I believe that this administration may be trying to build a new house on a bad foundation. As any building inspector, here is my punch list on what you need to do on the foundation before you try to build the new house.

  • Get control of the money flow. Right now, the Pentagon admits that it is inauditable (a clunky but sad word that they use). They cannot pass an overall fiscal audit through they have been required to do so since 1999. Though this administration had plans to try to pass the audit by 2014, the Congress pushed the requirement back to 2017. The problem is more basic than that. The audit of the Pentagon has to be fixed from the bottom transactions up because, if those transactions are sketchy, you have an audit system at the top that has “garbage in, garbage out.”
  • Change the way that weapons are priced. Right now, the Pentagon buys weapons based on the price of the weapon previous to it, known as historical pricing. That means with that all the previous generations of weapons' fraud, waste and abuse, costs are factored in and the prices raised exponentially generation after generation. That is why the weapons budget is supremely high while we buy fewer and fewer units. The fix to this, which some in the Pentagon are trying to introduce, is to price weapons based on what they “should cost,” using a clean slate of pricing based on what it really costs to make the weapon.
  • Don't advance the weapon system into full production while it is still being testing. That is known as “concurrency” and has produced drastic mistakes and expensive fixes (which contractors love because the DoD pays for most of it). The F-35 is the poster child of why this shouldn't be done with even the F-35 program manager admitting that it has a high amount of problems.

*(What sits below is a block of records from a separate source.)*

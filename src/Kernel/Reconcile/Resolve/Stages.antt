-- ===== src/Kernel/Reconcile/Resolve/Stages.antt =====
-- The matches of each stage of `resolve`, by the lists that it reads.
use mathlib.Core.List.{Memᴰ}
use index_core.Base.{
  Str, str_eq_iff, ℕ, ◌≡◌, refl, ◌∙◌, ◌⊎◌, Bool, true, false, Option, none, some, ℤ, List, [], ◌∷◌,
  select, String, ap, if◌then◌else◌, arith,
}
use index_core.Domain.Entities.{SnapshotEntry}
use index_core.Kernel.Reconcile.Types.{
  Config, PriorResource, deref_str, canonical_path_of, has_missing_evidence,
}
use index_core.Kernel.Reconcile.Paths.{entry_path, within_move_horizon}
use index_core.Kernel.Reconcile.Index.{PriorIndex, provider_key, has_stable_id, entry_hash_key}
use index_core.Kernel.Reconcile.Resolve.{
  matched, entry_is_stable, entry_provider_key, provider_match, provider_stage, hash_match,
  hash_candidates, hash_same_path, hash_stage, is_move_of, moved_candidates, moved_match,
  size_stage, resolve,
}

-- An element of a selection is an element of the whole, and passes the test.
pub mem-select {ℓ} :
    {A : Type ℓ} (p : A → Bool) (xs : List A) {c : A}
    → Memᴰ c (select p xs)
    → Memᴰ c xs × (p c ≡ true)
unfolding select
mem-select p [] m = elim m [ ]
mem-select p (x ∷ xs) {c} m = split (p x) refl (mem-select p xs) m
  where
    split :
        (b : Bool)
        → p x ≡ b
        → (Memᴰ c (select p xs) → Memᴰ c xs × (p c ≡ true))
        → Memᴰ c (if b then x ∷ select p xs else select p xs)
        → Memᴰ c (x ∷ xs) × (p c ≡ true)
    split true e rest (Memᴰ.head q) = (Memᴰ.head q, ap p q ∙ e)
    split true e rest (Memᴰ.tail k) = (Memᴰ.tail (rest k).0, (rest k).1)
    split false e rest k = (Memᴰ.tail (rest k).0, (rest k).1)

-- The three grounds on which an entry is taken for a resource.
abbrev pub SameProviderId : SnapshotEntry → PriorResource → Type 0
SameProviderId e c =
    (entry_is_stable e ≡ true) × (has_stable_id c ≡ true) × (provider_key c ≡ entry_provider_key e)

abbrev pub SamePath : SnapshotEntry → PriorResource → Type 0
SamePath e c = canonical_path_of c ≡ entry_path e

abbrev pub RecognizedMove : Config → ℕ → PriorResource → Type 0
RecognizedMove cfg now c = (has_missing_evidence c ≡ true) × (within_move_horizon c cfg now ≡ true)

module _ (ix : PriorIndex) (cfg : Config) (now : ℕ) (e : SnapshotEntry) where
  provider_match-single :
      (path id : Str) (l : List PriorResource) (c : PriorResource) (r : String)
      → provider_match ix path id l ≡ some (matched c r)
      → l ≡ c ∷ []
  unfolding provider_match
  provider_match-single path id [] c r h = ground arith
  provider_match-single path id (x ∷ []) c r h = ground arith
  provider_match-single path id (x ∷ y ∷ l) c r h = ground arith

  pub hash_match-single :
      (same l : List PriorResource) (c : PriorResource) (r : String)
      → hash_match ix cfg now e same l ≡ some (matched c r)
      → (l ≡ c ∷ []) × (SamePath e c ⊎ RecognizedMove cfg now c)
  unfolding hash_match
  hash_match-single same [] c r h = ground arith
  hash_match-single same (x ∷ []) c r h =
      ground (arith, str_eq_iff (canonical_path_of x) (entry_path e))
  hash_match-single same (x ∷ y ∷ l) c r h = ground arith

  pub hash_stage-single :
      (same : List PriorResource) (c : PriorResource) (r : String)
      → hash_stage ix cfg now e same ≡ some (matched c r)
      → (same ≡ c ∷ [])
        ⊎ ((ix.present_by_hash (entry_hash_key e) ≡ c ∷ [])
            × (SamePath e c ⊎ RecognizedMove cfg now c))
  unfolding hash_stage hash_same_path hash_candidates
  hash_stage-single [] c r h =
      ground (arith, hash_match-single [] (ix.present_by_hash (entry_hash_key e)) c r)
  hash_stage-single (x ∷ []) c r h =
      ground (arith, hash_match-single (x ∷ []) (ix.present_by_hash (entry_hash_key e)) c r)
  hash_stage-single (x ∷ y ∷ l) c r h =
      ground (arith, hash_match-single (x ∷ y ∷ l) (ix.present_by_hash (entry_hash_key e)) c r)

  moved_match-single :
      (l : List PriorResource) (c : PriorResource) (r : String)
      → moved_match l ≡ matched c r
      → l ≡ c ∷ []
  unfolding moved_match
  moved_match-single [] c r h = ground arith
  moved_match-single (x ∷ []) c r h = ground arith
  moved_match-single (x ∷ y ∷ l) c r h = ground arith

  size_stage-single :
      (same : List PriorResource) (c : PriorResource) (r : String)
      → size_stage ix cfg now e same ≡ matched c r
      → (same ≡ c ∷ []) ⊎ (moved_candidates ix cfg now e ≡ c ∷ [])
  unfolding size_stage
  size_stage-single [] c r h =
      ground (arith, moved_match-single (moved_candidates ix cfg now e) c r)
  size_stage-single (x ∷ []) c r h = ground arith
  size_stage-single (x ∷ y ∷ l) c r h = ground arith

  pub resolve-single :
      (c : PriorResource) (r : String)
      → resolve ix e cfg now ≡ matched c r
      → ((entry_is_stable e ≡ true) × (ix.present_by_provider (entry_provider_key e) ≡ c ∷ []))
        ⊎ (ix.present_by_path (entry_path e) ≡ c ∷ [])
        ⊎ ((ix.present_by_hash (entry_hash_key e) ≡ c ∷ [])
            × (SamePath e c ⊎ RecognizedMove cfg now c))
        ⊎ (moved_candidates ix cfg now e ≡ c ∷ [])
  unfolding resolve provider_stage
  resolve-single c r h = ground (
    arith,
    provider_match-single (entry_path e) (deref_str e.provider_object_id)
        (ix.present_by_provider (entry_provider_key e)) c r,
    hash_stage-single (ix.present_by_path (entry_path e)) c r,
    size_stage-single (ix.present_by_path (entry_path e)) c r,
  )

  pub moved_candidates-move :
      (c : PriorResource)
      → Memᴰ c (moved_candidates ix cfg now e)
      → (n : ℤ) × Memᴰ c (ix.missing_by_size n) × (within_move_horizon c cfg now ≡ true)
  unfolding moved_candidates
  moved_candidates-move c m = split e.size m
    where
      split :
          (size : Option ℤ)
          → Memᴰ c (elim size [
            | none ↦ []
            | some n ↦ select (is_move_of e cfg now) (ix.missing_by_size n)
          ])
          → (n : ℤ) × Memᴰ c (ix.missing_by_size n) × (within_move_horizon c cfg now ≡ true)
      split none k = elim k [ ]
      split (some n) k =
          let (here, ok) = mem-select (is_move_of e cfg now) (ix.missing_by_size n) k in
          (n, here, ground arith)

  • Stop the self-dealing between the Pentagon and the contractors. The worse problem of this is the revolving door, especially with retired generals going to work or consult with defense firms. It is corrupting to the whole system and is very bad for morale for the people still working in the DoD to see their bosses and colleagues sell out to the contractors. I have outlined some tough love on how to stop this in one of my Solutions columns, but it will take political courage to stop this crazy and destructive practice.

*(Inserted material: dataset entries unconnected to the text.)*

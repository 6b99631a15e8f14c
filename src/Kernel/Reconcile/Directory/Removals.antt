-- ===== src/Kernel/Reconcile/Directory/Removals.antt =====
-- What a directory listing removes, and what it leaves alone.
use mathlib.Core.List.{Memᴰ, append_assoc, append-nil}
use index_core.Base.{
  Str, str_eq_iff, contains, has_prefix, path_dir, any, ℕ, ◌≡◌, ◌↔◌, ap, ◌∙◌, refl, sym, subst, ◌⊎◌,
  inl, inr, Bool, true, false, Option, some, List, [], ◌∷◌, ◌++◌, map, select, All, All-append,
  All-map, Bool-cases, arith,
}
use index_core.Domain.Enums.{AcceptanceState, is_present}
use index_core.Domain.Entities.{SnapshotEntry}
use index_core.Kernel.Reconcile.Types.{Config, PriorResource, deref_str, Transition, Result}
use index_core.Kernel.Reconcile.Paths.{entry_path}
use index_core.Kernel.Reconcile.Run.{reconcile}
use index_core.Kernel.Reconcile.Run.Removals.{is_removal_step, reconcile-no_removal}
use index_core.Kernel.Reconcile.Resolve.Stages.{mem-select}
use index_core.Kernel.Reconcile.Directory.{
  is_unlisted, is_absent_dir, is_under, absent_dirs, is_absent, mirror_transition, remove_resource,
  remove_absent, observed_ids, reconcile_directory,
}

remove_absent-transitions :
    (scope : Str) (paths observed dirs : List Str) (now : ℕ) (snapshot_id : Str)
    (ps : List PriorResource) (res : Result)
    → (remove_absent scope paths observed dirs now snapshot_id ps res).transitions
      ≡ res.transitions
        ++ map (mirror_transition now snapshot_id) (select (is_absent scope paths observed dirs) ps)
unfolding remove_absent select
remove_absent-transitions scope paths observed dirs now snapshot_id [] res =
    sym (append-nil res.transitions)
remove_absent-transitions scope paths observed dirs now snapshot_id (p ∷ ps) res =
    let rest =
      map (mirror_transition now snapshot_id) (select (is_absent scope paths observed dirs) ps) in
    ground (
      arith,
      remove_absent-transitions scope paths observed dirs now snapshot_id ps res,
      remove_absent-transitions scope paths observed dirs now snapshot_id ps
          (remove_resource now snapshot_id p res),
      append_assoc res.transitions (mirror_transition now snapshot_id p ∷ []) rest,
    )

-- A known resource at this path: PRESENT, a direct child of the scope, at no entry's path, and not
-- observed under another path.
pub record IsGone (prior : List PriorResource) (scope : Str) (paths observed : List Str)
    (p : PriorResource) (at : Str) : Type 0 where
  pub known : Memᴰ p prior
  pub live : is_present p.resource_presence ≡ true
  pub here : p.canonical_path ≡ some at
  pub child : path_dir at ≡ scope
  pub unlisted : contains paths at ≡ false
  pub unseen : contains observed p.resource_id ≡ false

-- Why a resource may be removed: it is gone itself, or it is under a directory that is.
pub record IsRemovable (prior : List PriorResource) (scope : Str) (paths observed : List Str)
    (p : PriorResource) : Type 0 where
  pub known : Memᴰ p prior
  pub live : is_present p.resource_presence ≡ true
  pub unseen : contains observed p.resource_id ≡ false
  pub because :
      ((at : Str) × IsGone prior scope paths observed p at)
      ⊎ ((d : PriorResource) × (at : Str) × (own : Str) × IsGone prior scope paths observed d at
          × (d.is_dir ≡ some true)
          × (p.canonical_path ≡ some own)
          × (has_prefix own (at ++ b'/' ∷ []) ≡ true))

any-mem {ℓ} :
    {A : Type ℓ} (q : A → Bool) (ds : List A) → any q ds ≡ true → (d : A) × Memᴰ d ds × (q d ≡ true)
unfolding any
any-mem q [] h = ground (arith, h)
any-mem q (d ∷ ds) h = elim (Bool-cases (q d)) [
  | inl hit ↦ (d, Memᴰ.head refl, hit)
  | inr miss ↦ let (c, m, ok) = any-mem q ds (ground (arith, h, miss)) in (c, Memᴰ.tail m, ok)
]

mem-map {ℓ κ} :
    {A : Type ℓ} {B : Type κ} (f : A → B) (xs : List A) {b : B}
    → Memᴰ b (map f xs)
    → (a : A) × Memᴰ a xs × (f a ≡ b)
mem-map f [] m = elim m [ ]
mem-map f (x ∷ xs) (Memᴰ.head q) = (x, Memᴰ.head refl, sym q)
mem-map f (x ∷ xs) (Memᴰ.tail m) = let (a, k, q) = mem-map f xs m in (a, Memᴰ.tail k, q)

module _ (prior : List PriorResource) (scope : Str) (paths observed : List Str) where
  is_absent_dir-IsGone :
      (d : PriorResource)
      → Memᴰ d prior
      → is_absent_dir scope paths observed d ≡ true
      → IsGone prior scope paths observed d (deref_str d.canonical_path) × (d.is_dir ≡ some true)
  unfolding is_absent_dir is_unlisted
  is_absent_dir-IsGone d m h = (
    record {
      known = m;
      live = ground (arith, h);
      here = ground (arith, h);
      child = ground (arith, h, str_eq_iff (path_dir (deref_str d.canonical_path)) scope);
      unlisted = ground (arith, h);
      unseen = ground (arith, h);
    },
    ground (arith, h),
  )

  under_absent-IsGone :
      (o : Option Str)
      → any (is_under o) (absent_dirs scope paths observed prior) ≡ true
      → (d : PriorResource) × (at : Str) × IsGone prior scope paths observed d at
        × (d.is_dir ≡ some true)
        × (is_under o at ≡ true)
  unfolding absent_dirs
  under_absent-IsGone o h =
      let (at, listed, under) = any-mem (is_under o) (absent_dirs scope paths observed prior) h in
      let (d, chosen, q) =
        mem-map (λ (x : PriorResource). deref_str x.canonical_path)
          (select (is_absent_dir scope paths observed) prior) listed in
      let (m, ok) = mem-select (is_absent_dir scope paths observed) prior chosen in
      let (gone, dir) = is_absent_dir-IsGone d m ok in
      (d, at, subst (IsGone prior scope paths observed d) q gone, dir, under)

  is_absent-IsRemovable :
      (p : PriorResource)
      → Memᴰ p prior
      → is_absent scope paths observed (absent_dirs scope paths observed prior) p ≡ true
      → IsRemovable prior scope paths observed p
  unfolding is_absent is_unlisted
  is_absent-IsRemovable p m h = record {
    known = m;
    live = ground (arith, h);
    unseen = ground (arith, h);
    because = elim (Bool-cases (is_unlisted scope paths p.canonical_path)) [
      | inl gone ↦ inl (
        deref_str p.canonical_path,
        record {
          known = m;
          live = ground (arith, h);
          here = ground (arith, gone);
          child = ground (arith, gone, str_eq_iff (path_dir (deref_str p.canonical_path)) scope);
          unlisted = ground (arith, gone);
          unseen = ground (arith, h);
        },
      )
      | inr listed ↦
          let (d, at, gone, dir, under) =
            under_absent-IsGone p.canonical_path (ground (arith, h, listed)) in
          inr (
            d,
            at,
            deref_str p.canonical_path,
            gone,
            dir,
            ground (arith, under),
            ground (arith, under),
          )
    ];
  }

  mem-any {ℓ} :
      {A : Type ℓ} (q : A → Bool) (ds : List A) {d : A} → Memᴰ d ds → q d ≡ true → any q ds ≡ true
  unfolding any
  mem-any q [] m h = elim m [ ]
  mem-any q (x ∷ ds) (Memᴰ.head e) h = ground (arith, ap q e, h)
  mem-any q (x ∷ ds) (Memᴰ.tail m) h = ground (arith, mem-any q ds m h)

  select-mem {ℓ} :
      {A : Type ℓ} (q : A → Bool) (ds : List A) {d : A}
      → Memᴰ d ds
      → q d ≡ true
      → Memᴰ d (select q ds)
  unfolding select
  select-mem q [] m h = elim m [ ]
  select-mem q (x ∷ ds) (Memᴰ.head e) h = rw (sym (ap q e) ∙ h) (Memᴰ.head e)
  select-mem q (x ∷ ds) (Memᴰ.tail m) h = elim (Bool-cases (q x)) [
    | inl kept ↦ rw kept (Memᴰ.tail (select-mem q ds m h))
    | inr dropped ↦ rw dropped (select-mem q ds m h)
  ]

  map-mem {ℓ κ} :
      {A : Type ℓ} {B : Type κ} (f : A → B) (xs : List A) {a : A}
      → Memᴰ a xs
      → Memᴰ (f a) (map f xs)
  map-mem f [] m = elim m [ ]
  map-mem f (x ∷ xs) (Memᴰ.head e) = Memᴰ.head (ap f e)
  map-mem f (x ∷ xs) (Memᴰ.tail m) = Memᴰ.tail (map-mem f xs m)

  gone-is_unlisted :
      (p : PriorResource) (at : Str)
      → IsGone prior scope paths observed p at
      → is_unlisted scope paths p.canonical_path ≡ true
  unfolding is_unlisted
  gone-is_unlisted p at g =
      rw g.here (ground (arith, str_eq_iff (path_dir at) scope, g.child, g.unlisted))

  gone-is_absent_dir :
      (d : PriorResource) (at : Str)
      → IsGone prior scope paths observed d at
      → d.is_dir ≡ some true
      → is_absent_dir scope paths observed d ≡ true
  unfolding is_absent_dir
  gone-is_absent_dir d at g dir = ground (arith, gone-is_unlisted d at g, g.live, g.unseen, dir)

  under-absent :
      (p d : PriorResource) (at own : Str)
      → IsGone prior scope paths observed d at
      → d.is_dir ≡ some true
      → p.canonical_path ≡ some own
      → has_prefix own (at ++ b'/' ∷ []) ≡ true
      → any (is_under p.canonical_path) (absent_dirs scope paths observed prior) ≡ true
  unfolding absent_dirs
  under-absent p d at own g dir here under =
      let chosen =
        select-mem (is_absent_dir scope paths observed) prior g.known
          (gone-is_absent_dir d at g dir) in
      let listed = map-mem (λ (x : PriorResource). deref_str x.canonical_path) _ chosen in
      let known : deref_str d.canonical_path ≡ at = ap deref_str g.here in
      mem-any (is_under p.canonical_path) _ listed
        (ap (is_under p.canonical_path) known ∙ ap (λ o. is_under o at) here ∙ under)

  IsRemovable-is_absent :
      (p : PriorResource)
      → IsRemovable prior scope paths observed p
      → is_absent scope paths observed (absent_dirs scope paths observed prior) p ≡ true
  unfolding is_absent
  IsRemovable-is_absent p r = elim r.because [
    | inl (at, g) ↦ ground (arith, r.live, r.unseen, gone-is_unlisted p at g)
    | inr (d, at, own, g, dir, here, under) ↦
        ground (arith, r.live, r.unseen, under-absent p d at own g dir here under)
  ]

  abbrev Justified : Transition → Type 0
  Justified t =
      is_removal_step t.kind ≡ true
      → (p : PriorResource) × (t.resource_id ≡ p.resource_id)
        × IsRemovable prior scope paths observed p

  mirrored-Justified :
      (now : ℕ) (snapshot_id : Str) (ps : List PriorResource)
      → ((p : PriorResource) → Memᴰ p ps → IsRemovable prior scope paths observed p)
      → All Justified (map (mirror_transition now snapshot_id) ps)
  mirrored-Justified now snapshot_id [] h = tt
  mirrored-Justified now snapshot_id (p ∷ ps) h = (
    (λ _. (p, refl, h p (Memᴰ.head refl))),
    mirrored-Justified now snapshot_id ps (λ q m. h q (Memᴰ.tail m)),
  )

-- What the two loops emit, by the code's own guards.
directory-transitions :
    (prior : List PriorResource) (entries : List SnapshotEntry) (scope : Str) (cfg : Config)
    (now : ℕ) (snapshot_id : Str)
    → let res = reconcile prior entries AcceptanceState.partial cfg now snapshot_id in
      let paths = map entry_path entries in
      let dirs = absent_dirs scope paths (observed_ids res) prior in
      (reconcile_directory prior entries scope cfg now snapshot_id).transitions
      ≡ res.transitions
        ++ map
            (mirror_transition now snapshot_id)
            (select (is_absent scope paths (observed_ids res) dirs) prior)
unfolding reconcile_directory
directory-transitions prior entries scope cfg now snapshot_id =
    let res = reconcile prior entries AcceptanceState.partial cfg now snapshot_id in
    let paths = map entry_path entries in
    remove_absent-transitions scope paths (observed_ids res)
      (absent_dirs scope paths (observed_ids res) prior) now snapshot_id prior res

-- A directory listing removes nothing that it observed, and nothing outside its scope. Every removal
-- step is for a PRESENT resource, not observed by identity, that either was a direct child of the
-- scope at a path no entry has, or lies under a directory that was such a child and is gone.
pub reconcile_directory-IsRemovable :
    (prior : List PriorResource) (entries : List SnapshotEntry) (scope : Str) (cfg : Config)
    (now : ℕ) (snapshot_id : Str)
    → let res = reconcile prior entries AcceptanceState.partial cfg now snapshot_id in
      All
        (λ t.
          is_removal_step t.kind ≡ true
          → (p : PriorResource) × (t.resource_id ≡ p.resource_id)
            × IsRemovable prior scope (map entry_path entries) (observed_ids res) p)
        (reconcile_directory prior entries scope cfg now snapshot_id).transitions
reconcile_directory-IsRemovable prior entries scope cfg now snapshot_id =
    let res = reconcile prior entries AcceptanceState.partial cfg now snapshot_id in
    let paths = map entry_path entries in
    let observed = observed_ids res in
    let P = Justified prior scope paths observed in
    let absent = is_absent scope paths observed (absent_dirs scope paths observed prior) in
    subst (All P) (sym (directory-transitions prior entries scope cfg now snapshot_id)) (
      All-append P res.transitions _
        (All-map (λ t none_here removes. ground (arith, none_here, removes)) res.transitions
          (reconcile-no_removal prior entries AcceptanceState.partial cfg now snapshot_id refl))
        (mirrored-Justified prior scope paths observed now snapshot_id (select absent prior) (λ p m.
          let (k, ok) = mem-select absent prior m in
          is_absent-IsRemovable prior scope paths observed p k ok)))

-- A directory listing first emits what a PARTIAL snapshot of the same entries would, and then confirms
-- the removal of a list of known resources: exactly those that may be removed, in the order of the
-- inventory. A resource may be removed if it is PRESENT, not observed by identity, and either was a
-- direct child of the scope at a path no entry has, or lies under a directory that was such a child.
pub reconcile_directory-transitions :
    (prior : List PriorResource) (entries : List SnapshotEntry) (scope : Str) (cfg : Config)
    (now : ℕ) (snapshot_id : Str)
    → let res = reconcile prior entries AcceptanceState.partial cfg now snapshot_id in
      (goes : PriorResource → Bool) × ((reconcile_directory prior entries scope cfg now
          snapshot_id).transitions
        ≡ res.transitions ++ map (mirror_transition now snapshot_id) (select goes prior))
      × ((p : PriorResource)
          → Memᴰ p (select goes prior)
            ↔ IsRemovable prior scope (map entry_path entries) (observed_ids res) p)
reconcile_directory-transitions prior entries scope cfg now snapshot_id =
    let res = reconcile prior entries AcceptanceState.partial cfg now snapshot_id in
    let paths = map entry_path entries in
    let observed = observed_ids res in
    let absent = is_absent scope paths observed (absent_dirs scope paths observed prior) in
    (
      absent,
      directory-transitions prior entries scope cfg now snapshot_id,
      λ p. (
        λ m.
            let (k, ok) = mem-select absent prior m in
            is_absent-IsRemovable prior scope paths observed p k ok,
        λ r.
            select-mem prior scope paths observed absent prior r.known
              (IsRemovable-is_absent prior scope paths observed p r),
      ),
    )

  • Congress and/or the administration need to withhold parts of DoD appropriations when they aren't getting the information they need or a program continues to fail. Money speaks to the bureaucracy in the DoD, who will be there longer than the politicians and political appointees, and holding up their fuel line is often the only way to reform them. They will work around any reform of the system by the administration and Congress like crabgrass through concrete unless they think the money flow could be withheld or reduced. The president and the Congress have this powerful carrot and stick tool, but are especially afraid to use it on the DoD because the generals will scream that they don't care about the troops. This also takes political courage, but any change in strategy or reform will fail without it.

I have addressed most of these reforms in my Solutions columns. I believe that we will have to wait until the budget comes out to know what is really happening because money speaks in the Pentagon. As Win Wheeler, director of the Straus Military Reform Project said, “Press conference words are nice; actual budgets are the ultimate expression of policy and strategy.”